**Task details:** Read through the listing and copy every line that contains the word "abbrev".

**Records supplied:**
-- ===== src/ImageProgrammer/Copy.antt =====
-- The copying loop does what one `put` for each byte does.
use Prim.Native.Nat as Native
use programmer.Prelude.{
  ℕ, zero, suc, ◌+◌, ◌-◌, ◌^◌, ◌≤◌, ◌<◌, ◌≡◌, refl, sym, ap, subst, ◌∙◌, List, [], ◌∷◌, ◌++◌,
  length, take, drop, set, overwrite, overwrite-nil, overwrite-cons, length-take, length-drop,
  take-append-drop, arith, lt→ltb, size_add, size_sub,
}
use programmer.Exceptions.{ok}
use programmer.Image.{Section, end_address}
use programmer.Image.Contents.{limit}
use programmer.ImageProgrammer.{
  Cursor, write_size, min, fill, switch_sector, process_section, process_sections,
}
use programmer.ImageProgrammer.Bytes.{
  Cells, put, put_all, put_all-append, cells, all_cells, Ascends,
}
use programmer.ImageProgrammer.Ready.{
  IsReady, IsAt, switch_sector_stays, switch_sector-IsAt, put-IsReady, IsReady-mono,
}

put_inside :
    (c : Cursor) (a y : ℕ)
    → a < c.sector_end
    → put c a y ≡ record c { buffer = set c.buffer (a - c.sector_addr) y }
unfolding put
put_inside c a y h = rw (switch_sector_stays c a h)

-- Within the open sector the bytes go to the buffer.
put_all_inside :
    (ys : List ℕ) (c : Cursor) (a : ℕ)
    → c.sector_addr ≤ a
    → a + length ys ≤ c.sector_end
    → put_all c (cells a ys) ≡ record c { buffer = overwrite c.buffer (a - c.sector_addr) ys }
unfolding put_all cells
put_all_inside [] c a h k = ground (arith, overwrite-nil c.buffer (a - c.sector_addr))
put_all_inside (y ∷ ys) c a h k =
    let d : Cursor = record c { buffer = set c.buffer (a - c.sector_addr) y } in
    let e : suc (a - c.sector_addr) ≡ a + 1 - c.sector_addr = omega arith in
    ap (λ (t : Cursor). put_all t (cells (a + 1) ys)) (put_inside c a y (omega arith))
    ∙ (put_all_inside ys d (a + 1) (omega arith) (omega arith)
        ∙ ground (arith, e, overwrite-cons c.buffer (a - c.sector_addr) y ys))

put_all_chunk :
    (x : ℕ) (xs : List ℕ) (c : Cursor) (a : ℕ)
    → IsAt (switch_sector c a) a
    → a + suc (length xs) ≤ (switch_sector c a).sector_end
    → put_all c (cells a (x ∷ xs)) ≡ (
        let c' = switch_sector c a in
        record c' { buffer = overwrite c'.buffer (a - c'.sector_addr) (x ∷ xs) })
unfolding put_all cells put
put_all_chunk x xs c a at k =
    let c' = switch_sector c a in
    let o = a - c'.sector_addr in
    let e : suc o ≡ a + 1 - c'.sector_addr = omega (arith, at.above) in
    put_all_inside xs (record c' { buffer = set c'.buffer o x }) (a + 1) (omega (arith, at.above))
      (omega arith)
    ∙ ground (arith, e, overwrite-cons c'.buffer o x xs)

cells-append :
    (a : ℕ) (xs ys : List ℕ) → cells a (xs ++ ys) ≡ cells a xs ++ cells (a + length xs) ys
unfolding cells
cells-append a [] ys = ap (λ (i : ℕ). cells i ys) (omega arith)
cells-append a (x ∷ xs) ys =
    ap (◌∷◌ (a, x))
      (cells-append (a + 1) xs ys ∙ ap (λ (i : ℕ). cells (a + 1) xs ++ cells i ys) (omega arith))

fill_lem :
    (c : Cursor) (offset : ℕ) (bytes : List ℕ) (size : ℕ)
    → offset + size ≤ length c.buffer
    → size ≤ length bytes
    → fill c offset bytes size
      ≡ ok (record c { buffer = overwrite c.buffer offset (take size bytes) })
unfolding fill
fill_lem c offset bytes size h k = ground arith

min_lem : (a b : ℕ) → min a b ≡ Native.min a b
unfolding min
min_lem a b = ground arith

-- The bytes that one round copies: up to the end of the sector or of the section.
abbrev share : Cursor → ℕ → ℕ → ℕ
share c a n = Native.min (64 - (a - (switch_sector c a).sector_addr)) n

module _ (fuel : ℕ) (c : Cursor) (a x : ℕ) (xs : List ℕ) (k : ℕ) (at : IsAt (switch_sector c a) a)
    (low : a + suc (length xs) ≤ 2 ^ 32) (copies : suc k ≡ share c a (suc (length xs))) where
  abbrev bytes : List ℕ
  bytes = x ∷ xs

  size_lem :
      min
        (size_sub write_size (a - (switch_sector c a).sector_addr))
        (size_sub (a + suc (length xs)) a)
      ≡ suc k
  size_lem = rw min_lem (omega (arith, copies, at.opened.sector_end))

  filled :
      fill (switch_sector c a) (a - (switch_sector c a).sector_addr) bytes (suc k)
      ≡ ok (put_all c (cells a (take (suc k) bytes)))
  filled =
      fill_lem (switch_sector c a) (a - (switch_sector c a).sector_addr) bytes (suc k)
        (omega (arith, at.opened.full, copies)) (omega (arith, copies))
      ∙ ap ok (
          sym (
            put_all_chunk x (take k xs) c a at
              (omega (arith, at.opened.sector_end, copies, length-take k xs))))

  process_section_round :
      process_section (suc fuel) c a (a + suc (length xs)) bytes
      ≡ process_section fuel
          (put_all c (cells a (take (suc k) bytes)))
          (a + suc k)
          (a + suc (length xs))
          (drop (suc k) bytes)
  unfolding process_section
  process_section_round =
      let e : size_sub a (switch_sector c a).sector_addr ≡ a - (switch_sector c a).sector_addr =
        omega arith in
      let n : size_add a (suc k) ≡ a + suc k = omega (arith, copies) in
      rw (lt→ltb a (a + suc (length xs)) (omega arith), e, size_lem, filled, n)

pub put_all-cells-IsReady :
    (xs : List ℕ) (c : Cursor) (a : ℕ)
    → IsReady c a
    → a + length xs ≤ 2 ^ 32
    → IsReady (put_all c (cells a xs)) (a + length xs)
unfolding put_all cells
put_all-cells-IsReady [] c a r h = IsReady-mono r (omega arith)
put_all-cells-IsReady (x ∷ xs) c a r h =
    IsReady-mono
      (put_all-cells-IsReady xs (put c a x) (a + 1) (put-IsReady c a x r (omega arith))
        (omega arith))
      (omega arith)

put_all_split :
    (k : ℕ) (bytes : List ℕ) (c : Cursor) (a : ℕ)
    → k ≤ length bytes
    → put_all (put_all c (cells a (take k bytes))) (cells (a + k) (drop k bytes))
      ≡ put_all c (cells a bytes)
put_all_split k bytes c a h =
    let n : length (take k bytes) ≡ k = omega (arith, length-take k bytes) in
    sym (put_all-append c (cells a (take k bytes)) (cells (a + k) (drop k bytes)))
    ∙ ap (put_all c) (
        ap (λ (i : ℕ). cells a (take k bytes) ++ cells (a + i) (drop k bytes)) (sym n)
        ∙ sym (cells-append a (take k bytes) (drop k bytes))
        ∙ ap (cells a) (take-append-drop k bytes))

-- With a round of fuel for each byte and one more, the loop over a section ends, and the cursor
-- is the one after a `put` of each byte.
process_section-put_all :
    (fuel : ℕ) (c : Cursor) (a : ℕ) (bytes : List ℕ)
    → IsReady c a
    → a + length bytes ≤ 2 ^ 32
    → length bytes < fuel
    → process_section fuel c a (a + length bytes) bytes ≡ ok (put_all c (cells a bytes))
process_section-put_all zero c a bytes r low h = elim h [ ]
process_section-put_all (suc fuel) c a [] r low h =
    unfold process_section put_all cells in ground arith
process_section-put_all (suc fuel) c a (x ∷ xs) r low h =
    let at : IsAt (switch_sector c a) a = switch_sector-IsAt c a r (omega arith) in
    let k : ℕ = share c a (suc (length xs)) - 1 in
    let copies : suc k ≡ share c a (suc (length xs)) =
      omega (arith, at.opened.sector_end, at.below) in
    let bytes : List ℕ = x ∷ xs in
    let taken : length (take (suc k) bytes) ≡ suc k = omega (arith, length-take (suc k) bytes) in
    let left : a + suc k + length (drop (suc k) bytes) ≡ a + suc (length xs) =
      omega (arith, length-drop (suc k) bytes) in
    let ready : IsReady (put_all c (cells a (take (suc k) bytes))) (a + suc k) =
      IsReady-mono (put_all-cells-IsReady (take (suc k) bytes) c a r (omega (arith, taken, copies)))
        (omega (arith, taken)) in
    process_section_round fuel c a x xs k at low copies
    ∙ (rw (← left) (
          process_section-put_all fuel (put_all c (cells a (take (suc k) bytes))) (a + suc k)
            (drop (suc k) bytes) ready (omega (arith, left)) (omega (arith, left)))
        ∙ ap ok (put_all_split (suc k) bytes c a (omega (arith, copies))))

-- The sections lie one behind the other, from `lo` on, below 2 ^ 32.
abbrev pub Chain : ℕ → List Section → Type 0
Chain lo [] = Unit {0}
Chain lo (s ∷ ss) = (lo ≤ s.address) × (limit s ≤ 2 ^ 32) × Chain (limit s) ss

-- All of `program`'s loop, over sections in order.
pub process_sections-put_all :
    (ss : List Section) (c : Cursor) (lo : ℕ)
    → IsReady c lo
    → Chain lo ss
    → process_sections c ss ≡ ok (put_all c (all_cells ss))
unfolding process_sections all_cells
process_sections-put_all [] c lo r h = unfold put_all in refl
process_sections-put_all (s ∷ ss) c lo r h =
    let ready = IsReady-mono {c = c} r h.0 in
    let e : end_address s ≡ limit s = unfold end_address in omega arith in
    rw
      (
        e,
        process_section-put_all (suc (length s.bytes)) c s.address s.bytes ready h.1 (omega arith),
      )
      (process_sections-put_all ss (put_all c (cells s.address s.bytes)) (limit s)
          (put_all-cells-IsReady s.bytes c s.address ready h.1) h.2
        ∙ ap ok (sym (put_all-append c (cells s.address s.bytes) (all_cells ss))))

cells-Ascends :
    (a : ℕ) (xs : List ℕ) (r : Cells)
    → a + length xs ≤ 2 ^ 32
    → Ascends (a + length xs) r
    → Ascends a (cells a xs ++ r)
unfolding cells
cells-Ascends a [] r h k = subst (λ (i : ℕ). Ascends i r) (omega arith) k
cells-Ascends a (x ∷ xs) r h k = (
  omega arith,
  omega arith,
  cells-Ascends (a + 1) xs r (omega arith) (subst (λ (i : ℕ). Ascends i r) (omega arith) k),
)

Ascends-mono : {lo hi : ℕ} (r : Cells) → lo ≤ hi → Ascends hi r → Ascends lo r
Ascends-mono [] h k = tt
Ascends-mono ((a, b) ∷ r) h k = (omega arith, k.1, k.2)

pub all_cells-Ascends : (ss : List Section) (lo : ℕ) → Chain lo ss → Ascends lo (all_cells ss)
unfolding all_cells
all_cells-Ascends [] lo h = tt
all_cells-Ascends (s ∷ ss) lo h =
    Ascends-mono (cells s.address s.bytes ++ all_cells ss) h.0
      (cells-Ascends s.address s.bytes (all_cells ss) h.1 (all_cells-Ascends ss (limit s) h.2))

**Exercise solution:**
abbrev share : Cursor → ℕ → ℕ → ℕ
  abbrev bytes : List ℕ
abbrev pub Chain : ℕ → List Section → Type 0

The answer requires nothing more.